WHAT YOU HAVE TO DO: Nothing outside the range below should be printed. Output exactly the lines from the line with "unfolding handle_inbound handle_inbound_sync" to the line with "unfolding update_own_view", both included.

AVAILABLE RECORDS:
☆ ☆ ☆ ☆ ☆ ☆ ☆

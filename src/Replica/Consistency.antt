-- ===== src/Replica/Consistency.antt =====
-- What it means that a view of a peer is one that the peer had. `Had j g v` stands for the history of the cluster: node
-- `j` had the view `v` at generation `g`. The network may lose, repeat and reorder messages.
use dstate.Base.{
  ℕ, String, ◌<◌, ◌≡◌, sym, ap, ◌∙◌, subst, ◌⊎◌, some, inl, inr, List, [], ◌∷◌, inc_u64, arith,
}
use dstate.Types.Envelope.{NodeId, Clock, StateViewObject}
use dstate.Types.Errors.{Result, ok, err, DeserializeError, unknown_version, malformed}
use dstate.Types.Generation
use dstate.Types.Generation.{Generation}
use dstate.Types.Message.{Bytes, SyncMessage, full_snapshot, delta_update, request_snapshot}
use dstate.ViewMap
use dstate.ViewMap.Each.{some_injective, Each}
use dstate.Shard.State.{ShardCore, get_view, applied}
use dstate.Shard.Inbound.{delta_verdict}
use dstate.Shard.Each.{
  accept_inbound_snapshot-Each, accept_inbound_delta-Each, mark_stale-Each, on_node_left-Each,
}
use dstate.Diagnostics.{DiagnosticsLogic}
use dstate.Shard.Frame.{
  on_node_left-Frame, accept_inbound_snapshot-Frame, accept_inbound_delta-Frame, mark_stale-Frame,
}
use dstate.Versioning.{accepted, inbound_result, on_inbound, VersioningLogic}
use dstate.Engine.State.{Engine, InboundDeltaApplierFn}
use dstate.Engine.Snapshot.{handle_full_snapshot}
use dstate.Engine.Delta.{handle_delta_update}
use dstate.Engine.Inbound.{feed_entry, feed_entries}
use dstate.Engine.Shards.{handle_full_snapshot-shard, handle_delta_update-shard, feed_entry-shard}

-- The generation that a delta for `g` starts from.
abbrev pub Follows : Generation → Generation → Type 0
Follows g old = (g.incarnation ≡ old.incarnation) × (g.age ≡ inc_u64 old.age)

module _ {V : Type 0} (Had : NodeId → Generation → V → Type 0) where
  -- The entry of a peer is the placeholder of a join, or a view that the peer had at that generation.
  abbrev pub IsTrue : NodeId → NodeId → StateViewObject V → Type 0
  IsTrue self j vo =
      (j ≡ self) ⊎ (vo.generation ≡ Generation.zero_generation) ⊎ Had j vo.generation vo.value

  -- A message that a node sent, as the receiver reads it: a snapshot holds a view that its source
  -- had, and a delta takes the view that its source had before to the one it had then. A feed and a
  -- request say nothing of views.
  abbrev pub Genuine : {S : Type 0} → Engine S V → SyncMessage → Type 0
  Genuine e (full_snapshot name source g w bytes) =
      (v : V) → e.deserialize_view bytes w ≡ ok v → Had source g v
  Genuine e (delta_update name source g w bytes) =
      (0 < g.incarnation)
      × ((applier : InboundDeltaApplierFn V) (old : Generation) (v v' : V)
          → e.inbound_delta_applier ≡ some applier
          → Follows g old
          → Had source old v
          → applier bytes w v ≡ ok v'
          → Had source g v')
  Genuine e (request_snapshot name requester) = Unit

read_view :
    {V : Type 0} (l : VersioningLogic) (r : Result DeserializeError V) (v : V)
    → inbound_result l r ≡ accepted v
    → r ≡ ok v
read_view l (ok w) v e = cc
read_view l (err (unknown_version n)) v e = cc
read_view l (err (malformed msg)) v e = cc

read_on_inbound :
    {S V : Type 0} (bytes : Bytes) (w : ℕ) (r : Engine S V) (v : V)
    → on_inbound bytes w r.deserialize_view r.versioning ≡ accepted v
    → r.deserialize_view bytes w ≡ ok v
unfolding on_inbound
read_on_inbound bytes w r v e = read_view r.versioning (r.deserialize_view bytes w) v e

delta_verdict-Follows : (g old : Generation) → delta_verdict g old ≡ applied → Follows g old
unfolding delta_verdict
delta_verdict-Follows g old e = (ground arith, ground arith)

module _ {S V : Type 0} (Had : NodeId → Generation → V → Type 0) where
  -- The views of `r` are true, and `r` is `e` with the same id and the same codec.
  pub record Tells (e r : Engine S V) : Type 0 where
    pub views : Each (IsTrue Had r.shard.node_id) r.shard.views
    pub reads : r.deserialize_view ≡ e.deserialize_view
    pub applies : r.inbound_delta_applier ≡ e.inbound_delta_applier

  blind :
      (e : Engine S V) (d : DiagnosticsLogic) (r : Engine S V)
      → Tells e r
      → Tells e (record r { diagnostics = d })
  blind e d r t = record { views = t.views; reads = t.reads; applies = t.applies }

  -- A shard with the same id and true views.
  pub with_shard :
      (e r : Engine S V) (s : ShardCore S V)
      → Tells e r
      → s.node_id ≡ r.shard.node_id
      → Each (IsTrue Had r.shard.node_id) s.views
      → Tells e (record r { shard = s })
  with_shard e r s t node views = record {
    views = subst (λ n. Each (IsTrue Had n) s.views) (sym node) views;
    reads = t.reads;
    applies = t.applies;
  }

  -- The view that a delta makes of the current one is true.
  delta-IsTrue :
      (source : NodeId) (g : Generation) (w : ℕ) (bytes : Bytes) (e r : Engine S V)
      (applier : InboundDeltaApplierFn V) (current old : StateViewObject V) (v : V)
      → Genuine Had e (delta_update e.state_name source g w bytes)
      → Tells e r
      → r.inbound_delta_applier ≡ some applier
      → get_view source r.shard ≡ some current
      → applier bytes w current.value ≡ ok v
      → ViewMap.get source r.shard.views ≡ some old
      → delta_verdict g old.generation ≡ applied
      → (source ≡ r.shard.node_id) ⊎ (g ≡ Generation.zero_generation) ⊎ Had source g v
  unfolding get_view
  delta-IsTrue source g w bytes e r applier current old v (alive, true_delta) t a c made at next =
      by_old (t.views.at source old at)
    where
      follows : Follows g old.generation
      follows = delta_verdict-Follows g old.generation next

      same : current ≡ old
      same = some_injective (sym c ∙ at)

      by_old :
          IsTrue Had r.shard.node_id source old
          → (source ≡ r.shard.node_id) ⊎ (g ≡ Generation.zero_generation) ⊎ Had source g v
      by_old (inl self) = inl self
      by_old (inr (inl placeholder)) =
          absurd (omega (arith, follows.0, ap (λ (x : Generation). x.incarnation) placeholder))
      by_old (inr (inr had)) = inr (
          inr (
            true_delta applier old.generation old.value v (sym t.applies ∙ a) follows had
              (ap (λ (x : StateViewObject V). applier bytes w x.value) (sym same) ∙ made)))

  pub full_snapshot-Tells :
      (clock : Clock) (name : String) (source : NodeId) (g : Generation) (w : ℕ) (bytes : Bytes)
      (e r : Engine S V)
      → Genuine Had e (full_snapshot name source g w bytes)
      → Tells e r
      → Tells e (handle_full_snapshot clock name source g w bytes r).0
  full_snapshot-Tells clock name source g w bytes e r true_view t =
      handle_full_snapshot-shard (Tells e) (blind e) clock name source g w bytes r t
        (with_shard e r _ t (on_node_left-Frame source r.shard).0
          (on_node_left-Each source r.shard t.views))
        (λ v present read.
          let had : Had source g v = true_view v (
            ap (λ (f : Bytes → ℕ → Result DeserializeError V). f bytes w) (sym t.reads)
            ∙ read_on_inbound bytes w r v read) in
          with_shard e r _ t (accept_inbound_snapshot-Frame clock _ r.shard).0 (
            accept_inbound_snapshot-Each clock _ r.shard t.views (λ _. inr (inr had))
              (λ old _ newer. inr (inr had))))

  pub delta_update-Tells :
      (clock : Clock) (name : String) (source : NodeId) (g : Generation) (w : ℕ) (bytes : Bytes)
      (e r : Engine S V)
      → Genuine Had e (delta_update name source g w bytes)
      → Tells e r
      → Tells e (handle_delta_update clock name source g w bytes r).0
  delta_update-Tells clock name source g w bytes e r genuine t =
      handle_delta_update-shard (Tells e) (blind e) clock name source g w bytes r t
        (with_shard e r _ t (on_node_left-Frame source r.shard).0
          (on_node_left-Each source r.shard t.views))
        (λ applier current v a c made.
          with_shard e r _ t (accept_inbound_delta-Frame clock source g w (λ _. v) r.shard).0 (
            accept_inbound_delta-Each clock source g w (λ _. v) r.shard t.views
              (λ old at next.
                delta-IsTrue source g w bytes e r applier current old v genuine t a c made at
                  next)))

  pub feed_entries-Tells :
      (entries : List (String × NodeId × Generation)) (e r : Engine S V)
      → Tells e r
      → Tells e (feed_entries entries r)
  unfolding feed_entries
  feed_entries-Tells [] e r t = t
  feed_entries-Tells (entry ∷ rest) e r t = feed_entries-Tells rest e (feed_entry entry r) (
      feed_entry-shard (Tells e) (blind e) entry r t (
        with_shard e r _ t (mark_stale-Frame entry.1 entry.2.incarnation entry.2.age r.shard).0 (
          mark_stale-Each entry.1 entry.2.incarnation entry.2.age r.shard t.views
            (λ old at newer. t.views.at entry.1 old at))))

☆ ☆ ☆ ☆ ☆ ☆ ☆

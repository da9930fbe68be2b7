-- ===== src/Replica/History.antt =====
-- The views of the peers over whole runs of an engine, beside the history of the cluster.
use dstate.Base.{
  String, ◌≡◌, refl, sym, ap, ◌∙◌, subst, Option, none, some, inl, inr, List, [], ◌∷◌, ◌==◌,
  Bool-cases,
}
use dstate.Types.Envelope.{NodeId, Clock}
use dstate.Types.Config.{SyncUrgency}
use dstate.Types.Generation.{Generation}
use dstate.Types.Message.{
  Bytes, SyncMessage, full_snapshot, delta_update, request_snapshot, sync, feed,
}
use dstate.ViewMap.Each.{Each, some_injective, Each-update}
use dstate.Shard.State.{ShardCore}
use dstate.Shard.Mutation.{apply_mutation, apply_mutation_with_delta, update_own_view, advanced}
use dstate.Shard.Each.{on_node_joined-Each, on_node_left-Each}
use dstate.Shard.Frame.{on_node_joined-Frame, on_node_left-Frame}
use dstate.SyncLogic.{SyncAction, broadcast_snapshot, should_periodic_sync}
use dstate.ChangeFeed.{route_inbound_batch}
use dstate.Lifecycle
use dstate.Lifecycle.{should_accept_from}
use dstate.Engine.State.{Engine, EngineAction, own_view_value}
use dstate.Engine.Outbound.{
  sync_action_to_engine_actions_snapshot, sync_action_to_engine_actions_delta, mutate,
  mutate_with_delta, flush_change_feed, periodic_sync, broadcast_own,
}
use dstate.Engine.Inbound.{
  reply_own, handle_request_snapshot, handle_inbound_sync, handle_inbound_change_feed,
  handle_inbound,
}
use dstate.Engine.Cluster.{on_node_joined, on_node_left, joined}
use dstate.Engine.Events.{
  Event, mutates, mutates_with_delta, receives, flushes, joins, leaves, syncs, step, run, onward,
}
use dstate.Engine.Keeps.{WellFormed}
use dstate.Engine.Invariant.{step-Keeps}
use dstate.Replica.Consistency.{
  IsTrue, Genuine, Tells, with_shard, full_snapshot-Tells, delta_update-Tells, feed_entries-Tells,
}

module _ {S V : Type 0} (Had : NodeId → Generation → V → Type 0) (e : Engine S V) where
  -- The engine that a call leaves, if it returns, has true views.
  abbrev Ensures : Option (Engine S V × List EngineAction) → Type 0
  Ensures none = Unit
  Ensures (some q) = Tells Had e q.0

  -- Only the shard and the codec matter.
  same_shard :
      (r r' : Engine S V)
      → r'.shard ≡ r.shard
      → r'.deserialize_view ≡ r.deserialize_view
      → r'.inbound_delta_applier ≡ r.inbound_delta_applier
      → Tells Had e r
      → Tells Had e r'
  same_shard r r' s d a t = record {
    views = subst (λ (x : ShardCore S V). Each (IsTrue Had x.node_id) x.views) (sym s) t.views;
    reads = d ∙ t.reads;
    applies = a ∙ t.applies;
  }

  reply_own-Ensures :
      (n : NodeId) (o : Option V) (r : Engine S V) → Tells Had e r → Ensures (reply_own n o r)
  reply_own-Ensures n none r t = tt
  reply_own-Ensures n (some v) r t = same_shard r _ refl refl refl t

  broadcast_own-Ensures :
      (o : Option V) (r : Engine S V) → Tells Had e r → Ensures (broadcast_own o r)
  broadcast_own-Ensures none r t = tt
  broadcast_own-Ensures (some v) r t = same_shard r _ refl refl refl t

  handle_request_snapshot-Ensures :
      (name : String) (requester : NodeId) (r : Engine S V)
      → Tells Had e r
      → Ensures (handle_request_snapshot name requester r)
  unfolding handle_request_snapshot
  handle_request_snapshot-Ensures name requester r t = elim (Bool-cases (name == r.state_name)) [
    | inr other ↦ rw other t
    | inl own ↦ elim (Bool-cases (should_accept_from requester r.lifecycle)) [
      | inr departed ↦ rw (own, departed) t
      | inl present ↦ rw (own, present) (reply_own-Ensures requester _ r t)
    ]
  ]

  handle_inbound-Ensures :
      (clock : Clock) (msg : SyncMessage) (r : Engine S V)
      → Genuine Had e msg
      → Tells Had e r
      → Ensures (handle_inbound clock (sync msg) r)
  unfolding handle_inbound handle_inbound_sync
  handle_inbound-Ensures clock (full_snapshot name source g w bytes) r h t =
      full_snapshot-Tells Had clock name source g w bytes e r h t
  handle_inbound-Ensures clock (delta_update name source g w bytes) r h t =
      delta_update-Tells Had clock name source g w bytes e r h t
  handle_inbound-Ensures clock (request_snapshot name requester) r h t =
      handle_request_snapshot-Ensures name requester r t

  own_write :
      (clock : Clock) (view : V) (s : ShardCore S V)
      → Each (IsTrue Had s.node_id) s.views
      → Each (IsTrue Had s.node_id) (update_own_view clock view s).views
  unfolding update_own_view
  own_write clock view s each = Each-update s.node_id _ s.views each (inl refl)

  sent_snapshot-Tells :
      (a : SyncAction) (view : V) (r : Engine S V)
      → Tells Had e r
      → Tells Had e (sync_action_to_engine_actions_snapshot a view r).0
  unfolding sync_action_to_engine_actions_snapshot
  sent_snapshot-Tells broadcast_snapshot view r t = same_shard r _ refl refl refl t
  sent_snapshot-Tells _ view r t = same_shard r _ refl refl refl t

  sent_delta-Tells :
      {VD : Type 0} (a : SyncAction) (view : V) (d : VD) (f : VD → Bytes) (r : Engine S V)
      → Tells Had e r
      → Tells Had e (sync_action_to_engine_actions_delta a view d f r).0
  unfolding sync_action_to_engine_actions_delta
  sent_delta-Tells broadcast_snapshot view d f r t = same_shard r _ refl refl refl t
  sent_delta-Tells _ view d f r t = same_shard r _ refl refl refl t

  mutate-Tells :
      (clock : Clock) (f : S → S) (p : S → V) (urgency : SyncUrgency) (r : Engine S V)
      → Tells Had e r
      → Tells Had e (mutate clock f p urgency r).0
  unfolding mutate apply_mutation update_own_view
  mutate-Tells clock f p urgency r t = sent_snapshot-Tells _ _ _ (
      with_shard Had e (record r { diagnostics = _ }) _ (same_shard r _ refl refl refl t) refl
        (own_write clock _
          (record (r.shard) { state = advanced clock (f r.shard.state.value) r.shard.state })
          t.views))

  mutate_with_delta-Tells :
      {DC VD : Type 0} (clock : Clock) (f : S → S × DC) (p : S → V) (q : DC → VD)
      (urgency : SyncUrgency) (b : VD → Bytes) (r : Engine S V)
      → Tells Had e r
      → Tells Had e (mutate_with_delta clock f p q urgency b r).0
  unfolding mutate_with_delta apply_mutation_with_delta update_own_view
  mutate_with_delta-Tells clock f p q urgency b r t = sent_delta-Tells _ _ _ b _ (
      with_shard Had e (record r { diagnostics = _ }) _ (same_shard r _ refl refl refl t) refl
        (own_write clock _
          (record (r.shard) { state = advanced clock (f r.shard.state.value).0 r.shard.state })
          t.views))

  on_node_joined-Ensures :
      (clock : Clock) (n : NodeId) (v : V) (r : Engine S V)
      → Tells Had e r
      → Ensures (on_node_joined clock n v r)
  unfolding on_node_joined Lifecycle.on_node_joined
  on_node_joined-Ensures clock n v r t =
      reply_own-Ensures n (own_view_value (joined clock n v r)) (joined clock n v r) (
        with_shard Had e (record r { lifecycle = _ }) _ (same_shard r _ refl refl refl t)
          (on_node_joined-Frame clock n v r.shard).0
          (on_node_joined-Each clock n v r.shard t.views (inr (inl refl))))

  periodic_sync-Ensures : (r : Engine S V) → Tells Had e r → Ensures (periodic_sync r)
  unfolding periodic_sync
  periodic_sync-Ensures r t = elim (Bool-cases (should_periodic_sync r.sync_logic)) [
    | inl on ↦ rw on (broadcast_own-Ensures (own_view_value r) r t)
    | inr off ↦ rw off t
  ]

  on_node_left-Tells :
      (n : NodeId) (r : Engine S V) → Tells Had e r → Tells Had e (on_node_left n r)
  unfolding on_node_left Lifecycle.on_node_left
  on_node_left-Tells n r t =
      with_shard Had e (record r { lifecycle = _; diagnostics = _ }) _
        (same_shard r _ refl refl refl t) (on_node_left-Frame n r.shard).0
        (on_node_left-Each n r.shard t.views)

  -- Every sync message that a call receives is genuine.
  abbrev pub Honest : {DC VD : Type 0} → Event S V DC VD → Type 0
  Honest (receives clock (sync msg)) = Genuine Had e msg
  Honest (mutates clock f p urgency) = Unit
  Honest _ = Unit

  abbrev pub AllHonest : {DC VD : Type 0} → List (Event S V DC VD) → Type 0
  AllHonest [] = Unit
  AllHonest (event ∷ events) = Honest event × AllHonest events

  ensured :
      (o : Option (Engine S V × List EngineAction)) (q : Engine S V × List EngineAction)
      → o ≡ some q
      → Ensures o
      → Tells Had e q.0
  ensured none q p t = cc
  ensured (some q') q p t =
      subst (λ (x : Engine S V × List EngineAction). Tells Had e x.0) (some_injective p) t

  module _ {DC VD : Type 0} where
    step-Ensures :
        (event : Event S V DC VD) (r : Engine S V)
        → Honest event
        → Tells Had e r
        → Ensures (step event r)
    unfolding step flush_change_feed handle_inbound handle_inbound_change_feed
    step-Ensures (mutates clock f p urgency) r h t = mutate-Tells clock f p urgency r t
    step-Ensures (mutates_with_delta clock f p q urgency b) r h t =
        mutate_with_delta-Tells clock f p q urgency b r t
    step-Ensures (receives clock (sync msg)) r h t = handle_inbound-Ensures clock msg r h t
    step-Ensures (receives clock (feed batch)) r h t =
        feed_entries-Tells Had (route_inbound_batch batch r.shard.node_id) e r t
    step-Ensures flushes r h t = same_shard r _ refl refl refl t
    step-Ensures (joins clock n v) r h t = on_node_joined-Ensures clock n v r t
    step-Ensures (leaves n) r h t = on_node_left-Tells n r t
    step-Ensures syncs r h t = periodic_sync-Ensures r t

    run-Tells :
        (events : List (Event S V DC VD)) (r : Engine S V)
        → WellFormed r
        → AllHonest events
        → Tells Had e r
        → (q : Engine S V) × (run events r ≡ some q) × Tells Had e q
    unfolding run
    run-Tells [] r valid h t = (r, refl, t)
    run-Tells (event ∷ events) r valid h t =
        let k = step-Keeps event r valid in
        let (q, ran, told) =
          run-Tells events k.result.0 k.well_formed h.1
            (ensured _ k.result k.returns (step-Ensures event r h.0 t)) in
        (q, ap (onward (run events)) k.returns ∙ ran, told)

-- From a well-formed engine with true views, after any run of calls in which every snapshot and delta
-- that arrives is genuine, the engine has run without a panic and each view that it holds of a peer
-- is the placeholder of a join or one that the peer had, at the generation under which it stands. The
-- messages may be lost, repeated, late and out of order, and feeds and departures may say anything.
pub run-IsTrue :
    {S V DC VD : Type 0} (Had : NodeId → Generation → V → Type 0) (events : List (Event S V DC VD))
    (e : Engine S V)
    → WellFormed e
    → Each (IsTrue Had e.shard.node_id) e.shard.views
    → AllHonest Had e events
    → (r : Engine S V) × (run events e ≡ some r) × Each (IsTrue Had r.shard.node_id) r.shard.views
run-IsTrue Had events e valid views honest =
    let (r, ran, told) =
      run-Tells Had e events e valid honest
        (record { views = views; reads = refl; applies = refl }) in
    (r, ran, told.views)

☆ ☆ ☆ ☆ ☆ ☆ ☆

FINISHED TASK:
  unfolding handle_inbound handle_inbound_sync
  handle_inbound-Ensures clock (full_snapshot name source g w bytes) r h t =
      full_snapshot-Tells Had clock name source g w bytes e r h t
  handle_inbound-Ensures clock (delta_update name source g w bytes) r h t =
      delta_update-Tells Had clock name source g w bytes e r h t
  handle_inbound-Ensures clock (request_snapshot name requester) r h t =
      handle_request_snapshot-Ensures name requester r t

  own_write :
      (clock : Clock) (view : V) (s : ShardCore S V)
      → Each (IsTrue Had s.node_id) s.views
      → Each (IsTrue Had s.node_id) (update_own_view clock view s).views
  unfolding update_own_view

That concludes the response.